BALANCING HIGH-END AND BUDGET TOURISM
The new attractions may be successful at luring more high-end tourists and further differentiating Singapore from less expensive destinations. However, Singapore also needs to attract budget or middle-tier tourists to generate the volumes required to support the tourism sector’s overall ecosystem and help fill the significantly larger Changi Airport that will emerge once Terminal 5 opens next decade.
Further increases in the transit portion of Changi’s total traffic may seem like a viable option but this kind of traffic is significantly less profitable for airports as transit passengers pay much lower fees despite using more services.
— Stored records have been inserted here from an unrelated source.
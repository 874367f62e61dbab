-- ===== src/Web/Deletion/Guarded.antt =====
-- internal/web/server.go: what `handleDeleteSession` removes, and when.
use logfalcon.Prelude.{
  ℕ, ◌≡◌, ◌≢◌, refl, sym, ◌⊎◌, inl, inr, Bool, true, false, not, Option, none, some, List, [], ◌∷◌,
  arith, if◌then◌else◌, ◌&&◌, on_if, bytes_eq, bytes_eq_sound, and_true, All, Bool-cases,
}
use logfalcon.Web.Text.{trim_prefix}
use logfalcon.Web.Sessions.{CleanPath, Places, resolve_session_path}
use logfalcon.Web.Deletion.{
  path_eq, is_below, any_path, keep_paths, parent_of, Removal, all_goes, stays, Site, survives,
  is_child, remove_empty_parent, after_removal, delete_path, sessions_prefix, handle_delete_session,
}
use mathlib.Core.Path.{subst}
use mathlib.Core.List.{Memᴰ}
use mathlib.Core.List.Memᴰ

-- The tree `after` lacks nothing of the tree `before` but what `lost` allows, and has nothing else.
abbrev Loses : (CleanPath → Type 0) → List CleanPath → List CleanPath → Type 0
Loses lost before after =
    ((q : CleanPath) → Memᴰ q after → Memᴰ q before)
    × ((q : CleanPath) → Memᴰ q before → Memᴰ q after ⊎ lost q)

kept_one : (b : Bool) (x q : CleanPath) → Memᴰ q (if b then x ∷ [] else []) → q ≡ x
kept_one true x q i = Memᴰ.eq_of_singleton i
kept_one false x q i = absurd (Memᴰ.not-nil i)

keep_paths_sub :
    (p : CleanPath → Bool) (l : List CleanPath) (q : CleanPath) → Memᴰ q (keep_paths p l) → Memᴰ q l
unfolding keep_paths
keep_paths_sub p [] q i = i
keep_paths_sub p (x ∷ xs) q i = elim (Memᴰ.append_cases (if p x then x ∷ [] else []) i) [
  | inl j ↦ Memᴰ.head (kept_one (p x) x q j)
  | inr j ↦ Memᴰ.tail (keep_paths_sub p xs q j)
]

keep_paths_mem :
    (p : CleanPath → Bool) (l : List CleanPath) (q : CleanPath)
    → Memᴰ q l
    → p q ≡ true
    → Memᴰ q (keep_paths p l)
unfolding keep_paths
keep_paths_mem p [] q i e = i
keep_paths_mem p (x ∷ xs) q (Memᴰ.head h) e = rw (sym h, e) (Memᴰ.head refl)
keep_paths_mem p (x ∷ xs) q (Memᴰ.tail i) e =
    Memᴰ.append_right (if p x then x ∷ [] else []) (keep_paths_mem p xs q i e)

keep_paths-Loses :
    (p : CleanPath → Bool) (l : List CleanPath) → Loses (λ q. p q ≡ false) l (keep_paths p l)
keep_paths-Loses p l = (
  keep_paths_sub p l,
  λ q i. elim (Bool-cases (p q)) [ inl e ↦ inl (keep_paths_mem p l q i e) | inr e ↦ inr e ],
)

Loses-trans :
    (lost : CleanPath → Type 0) (a b c : List CleanPath)
    → Loses lost a b
    → Loses lost b c
    → Loses lost a c
Loses-trans lost a b c h k =
    ((λ q i. h.0 q (k.0 q i)), λ q i. elim (h.1 q i) [ inl j ↦ k.1 q j | inr l ↦ inr l ])

Loses-weaken :
    (lost lost' : CleanPath → Type 0) (a b : List CleanPath)
    → ((q : CleanPath) → lost q → lost' q)
    → Loses lost a b
    → Loses lost' a b
Loses-weaken lost lost' a b f h =
    (h.0, λ q i. elim (h.1 q i) [ inl j ↦ inl j | inr l ↦ inr (f q l) ])

-- What a deletion of `p` that leaves the tree `after` may take away: what is at `p` or below, and its
-- parent, where nothing is left below that.
abbrev pub Lost : CleanPath → List CleanPath → CleanPath → Type 0
Lost p after q =
    (is_below p q ≡ true) ⊎ ((q ≡ parent_of p) × All (λ r. is_below (parent_of p) r ≡ false) after)

survives-Lost :
    (r : Removal) (p : CleanPath) (after : List CleanPath) (q : CleanPath)
    → survives r p q ≡ false
    → Lost p after q
unfolding survives
survives-Lost all_goes p after q h = inl (ground (arith, h))
survives-Lost (stays left) p after q h = inl (ground (arith, h))

path_eq_sound : (p q : CleanPath) → path_eq p q ≡ true → p ≡ q
unfolding path_eq
path_eq_sound [] [] h = refl
path_eq_sound [] (d ∷ q) h = cc h
path_eq_sound (c ∷ p) [] h = cc h
path_eq_sound (c ∷ p) (d ∷ q) h =
    let (e, t) = and_true (bytes_eq c d) (path_eq p q) h in
    cc (bytes_eq_sound c d e, path_eq_sound p q t)

not-false : (b : Bool) → not b ≡ false → b ≡ true
not-false b h = ground arith

kept_true :
    (f : CleanPath → Bool) (x q : CleanPath) → Memᴰ q (if f x then x ∷ [] else []) → f q ≡ true
kept_true f x q i = elim (Bool-cases (f x)) [
  | inl e ↦ let same = kept_one (f x) x q i in rw same e
  | inr e ↦ absurd (Memᴰ.not-nil (rw e at i))
]

keep_paths-true :
    (f : CleanPath → Bool) (l : List CleanPath) (q : CleanPath)
    → Memᴰ q (keep_paths f l)
    → f q ≡ true
unfolding keep_paths
keep_paths-true f [] q i = absurd (Memᴰ.not-nil i)
keep_paths-true f (x ∷ xs) q i = elim (Memᴰ.append_cases (if f x then x ∷ [] else []) i) [
  | inl j ↦ kept_true f x q j
  | inr j ↦ keep_paths-true f xs q j
]

module _ {A : Type 0} where
  All-of_mem : (P : A → Type 0) (l : List A) → ((x : A) → Memᴰ x l → P x) → All P l
  All-of_mem P [] h = tt
  All-of_mem P (x ∷ xs) h = (h x (Memᴰ.head refl), All-of_mem P xs (λ y i. h y (Memᴰ.tail i)))

any_path-false :
    (p : CleanPath → Bool) (l : List CleanPath) (q : CleanPath)
    → any_path p l ≡ false
    → Memᴰ q l
    → p q ≡ false
unfolding any_path
any_path-false p [] q e i = absurd (Memᴰ.not-nil i)
any_path-false p (x ∷ xs) q e i = elim (Bool-cases (p x)) [
  | inl t ↦ absurd (cc (rw t at e))
  | inr f ↦ elim i [
    | Memᴰ.head h ↦ rw (h, f) refl
    | Memᴰ.tail j ↦ any_path-false p xs q (rw f at e) j
  ]
]

-- Without its children, and itself, nothing of the parent is left.
parent_cleared :
    (parent : CleanPath) (l : List CleanPath)
    → any_path (is_child parent) l ≡ false
    → All (λ r. is_below parent r ≡ false) (keep_paths (λ q. not (path_eq parent q)) l)
parent_cleared parent l e =
    All-of_mem (λ r. is_below parent r ≡ false) _
      (λ q i.
        let kept = keep_paths-true (λ q. not (path_eq parent q)) l q i in
        let child =
          any_path-false (is_child parent) l q e
            (keep_paths_sub (λ q. not (path_eq parent q)) l q i) in
        below (is_below parent q) (path_eq parent q) kept child)
  where
    below : (b c : Bool) → not c ≡ true → (b && not c) ≡ false → b ≡ false
    below b c h k = ground arith

parent_Lost :
    (p : CleanPath) (after : List CleanPath) (q : CleanPath)
    → All (λ r. is_below (parent_of p) r ≡ false) after
    → not (path_eq (parent_of p) q) ≡ false
    → Lost p after q
parent_Lost p after q c h = inr (sym (path_eq_sound (parent_of p) q (not-false _ h)), c)

remove_empty_parent-Loses :
    (p : CleanPath) (s : Site)
    → (let r = remove_empty_parent (parent_of p) s in Loses (Lost p r.tree) s.tree r.tree)
unfolding remove_empty_parent
remove_empty_parent-Loses p s =
    on_if {A = Site} (λ r. Loses (Lost p r.tree) s.tree r.tree)
      (any_path (is_child (parent_of p)) s.tree) _ _ (λ _. same)
      (λ e.
        on_if {A = Site} (λ r. Loses (Lost p r.tree) s.tree r.tree) s.rmdir_good _ _
          (λ _.
            Loses-weaken _ (Lost p _) s.tree _
              (λ q. parent_Lost p _ q (parent_cleared (parent_of p) s.tree e))
              (keep_paths-Loses (λ q. not (path_eq (parent_of p) q)) s.tree))
          (λ _. same))
  where
    same : Loses (Lost p s.tree) s.tree s.tree
    same = ((λ q i. i), λ q i. inl i)

remove_all_Loses :
    (r : Removal) (p : CleanPath) (after l : List CleanPath)
    → Loses (Lost p after) l (keep_paths (survives r p) l)
remove_all_Loses r p after l =
    Loses-weaken _ (Lost p after) l _ (survives-Lost r p after) (keep_paths-Loses (survives r p) l)

-- Nothing at or below `p` is left.
abbrev Cleared : CleanPath → List CleanPath → Type 0
Cleared p l = (q : CleanPath) → Memᴰ q l → is_below p q ≡ false

remove_all_Cleared :
    (p : CleanPath) (l : List CleanPath) → Cleared p (keep_paths (survives all_goes p) l)
unfolding survives
remove_all_Cleared p l q i = ground (arith, keep_paths-true (survives all_goes p) l q i)

-- The tree after the deletion of `p` has nothing new, and what it lacks is `p`, below it, or its parent,
-- below which nothing is left then.
abbrev pub LosesOnly : CleanPath → List CleanPath → List CleanPath → Type 0
LosesOnly p before after =
    All (λ q. Memᴰ q before) after × All (λ q. Memᴰ q after ⊎ Lost p after q) before

loses_only :
    (p : CleanPath) (before after : List CleanPath)
    → Loses (Lost p after) before after
    → LosesOnly p before after
loses_only p before after h = (
  All-of_mem (λ q. Memᴰ q before) after h.0,
  All-of_mem (λ q. Memᴰ q after ⊎ Lost p after q) before h.1,
)

-- What a request to delete did: it was refused, and nothing is changed; or it had the token and named a path
-- that is accepted, and only that path, what is below it and its parent, if it is empty then, can be gone from the disk: all of
-- what is at the path or below with the status 200, after which the cache of sessions is not used again.
pub data Deleted (places : Places) (csrf_token header session_id : List ℕ) (s : Site)
    : ℕ × Site → Type 0 where
  declined : (status : ℕ) → status ≢ 200 → Deleted places csrf_token header session_id s (status, s)
  failed :
      (p : CleanPath) (s' : Site)
      → header ≡ csrf_token
      → resolve_session_path places session_id ≡ some p
      → LosesOnly p s.tree s'.tree
      → Deleted places csrf_token header session_id s (500, s')
  finished :
      (p : CleanPath) (s' : Site)
      → header ≡ csrf_token
      → resolve_session_path places session_id ≡ some p
      → LosesOnly p s.tree s'.tree
      → All (λ q. is_below p q ≡ false) s'.tree
      → s'.cache_kept ≡ false
      → Deleted places csrf_token header session_id s (200, s')

module _ (places : Places) (csrf_token header session_id : List ℕ) (s : Site)
    (same : header ≡ csrf_token) where
  after_removal-Deleted :
      (r : Removal) (p : CleanPath) (s' : Site)
      → resolve_session_path places session_id ≡ some p
      → s'.tree ≡ keep_paths (survives r p) s.tree
      → Deleted places csrf_token header session_id s (after_removal r p s')
  unfolding after_removal
  after_removal-Deleted (stays left) p s' e t =
      failed p s' same e (rw t (loses_only p s.tree _ (remove_all_Loses (stays left) p _ s.tree)))
  after_removal-Deleted all_goes p s' e t =
      let after = (remove_empty_parent (parent_of p) s').tree in
      let gone : Loses (Lost p after) s.tree s'.tree =
        subst (Loses (Lost p after) s.tree) (sym t) (remove_all_Loses all_goes p after s.tree) in
      let more = remove_empty_parent-Loses p s' in
      finished p (record (remove_empty_parent (parent_of p) s') { cache_kept = false }) same e
        (loses_only p s.tree _ (Loses-trans (Lost p after) s.tree s'.tree _ gone more))
        (All-of_mem (λ q. is_below p q ≡ false) _
          (λ q i. remove_all_Cleared p s.tree q (rw t at (more.0 q i))))
        refl

  delete_path-Deleted :
      (found : Option CleanPath)
      → resolve_session_path places session_id ≡ found
      → Deleted places csrf_token header session_id s (delete_path found s)
  unfolding delete_path
  delete_path-Deleted none e = declined 400 (λ h. ground (arith, h))
  delete_path-Deleted (some p) e =
      on_if (Deleted places csrf_token header session_id s) (any_path (is_below p) s.tree) _ _
        (λ _. after_removal-Deleted s.removal p _ e refl)
        (λ _. declined 404 (λ h. ground (arith, h)))

-- `handleDeleteSession` removes something only for a request with the server's token, that names an accepted
-- path: then no path is gone but that one, those below it, and its parent where nothing is left below that. With the status 200 nothing at the
-- path or below is left and the cache of sessions is dropped; with 400, 403 and 404 nothing is changed.
pub handle_delete_session-Deleted :
    (places : Places) (csrf_token header url_path : List ℕ) (s : Site)
    → Deleted places csrf_token header
        (trim_prefix url_path sessions_prefix)
        s
        (handle_delete_session places csrf_token header url_path s)
unfolding handle_delete_session
handle_delete_session-Deleted places csrf_token header url_path s =
    on_if (Deleted places csrf_token header (trim_prefix url_path sessions_prefix) s)
      (bytes_eq header csrf_token) _ _
      (λ e.
        delete_path-Deleted places csrf_token header (trim_prefix url_path sessions_prefix) s
          (bytes_eq_sound header csrf_token e) _ refl)
      (λ e. declined 403 (λ h. ground (arith, h)))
Transit traffic also contributes much less to the overall economy and can instead facilitate growth for a competing destination.
This is the conundrum of investing in air hub expansion. The massive investment in Changi East could be questioned if the breakdown of traffic at Changi flips so that transit overtakes inbound as the biggest segment.
There will be some growth in outbound as well, but this will remain the smallest of the three segments - at roughly one-quarter of total traffic - given Singapore’s small population.
Getting Singapore’s tourism sector back on the growth trajectory will not be easy. The main source markets could be reinvigorated with innovative products and savvy marketing, but will that be sufficient to attract more tourists if costs continue to rise?
HOW CAN SINGAPORE SWAY PRICE-SENSITIVE TRAVELLERS?
Most of the traditional source markets are now struggling and the short-term outlook is not bright.
China has captured a lot of attention since early this year when Singapore waived visa requirements for Chinese citizens and passenger traffic between the two countries returned to pre-COVID levels.
However, Chinese inbound visitor arrivals at Changi are still well below 2019 levels, registering a 10 per cent decline in the second quarter of 2024. The recovery of Singapore-China passenger traffic has been driven by the outbound (including Chinese citizens working in Singapore) and transit segments.
China is still the largest source market for Singapore’s tourism sector, but the inbound portion of total Singapore-China traffic has slipped from 71 per cent in first half of 2019 to 63 per cent in first half of 2024.
Singapore’s second-largest source market, Indonesia, has seen an even bigger drop with Indonesian visitor arrivals at Changi down by 20 per cent in the first half of 2024.
Singapore’s third-largest source market, India, is also not fully recovered. Indian visitor arrivals at Changi were down 12 per cent in the first half of 2024 although India-Singapore passenger traffic is now higher than pre-COVID levels, driven by transit traffic.
India is a booming market with massive outbound growth widely predicted. However, it is also a very price-sensitive market, making it difficult for Singapore to attract as many Indian tourists as other destinations.
Inbound demand from regional markets within Asia have generally been weaker than long-haul markets. For example, Australian visitor arrivals were up 8 per cent in the first half of 2024 compared to 2019 levels while American and British arrivals were down only 1 per cent each.
Demand from Asian travellers has also been impacted by increasing departure fees at Changi, which now total S$65.20. While this may not seem like a lot compared to a hotel room, many regional travellers only stay in Singapore for one or two nights and the S$65.20 is often more than the base air fare offered by a budget airline. AirAsia has dropped six routes at Changi over the last year, a bellwether of how difficult it has become to stimulate inbound demand from other Southeast Asian countries.
As it embarks on its long-term 2040 tourism vision, Singapore should look at initiatives to sway price-sensitive travellers such as more budget accommodation options and lower departure fees for regional flights.
Brendan Sobie is the founder of Singapore-based independent aviation consulting and analysis firm Sobie Aviation.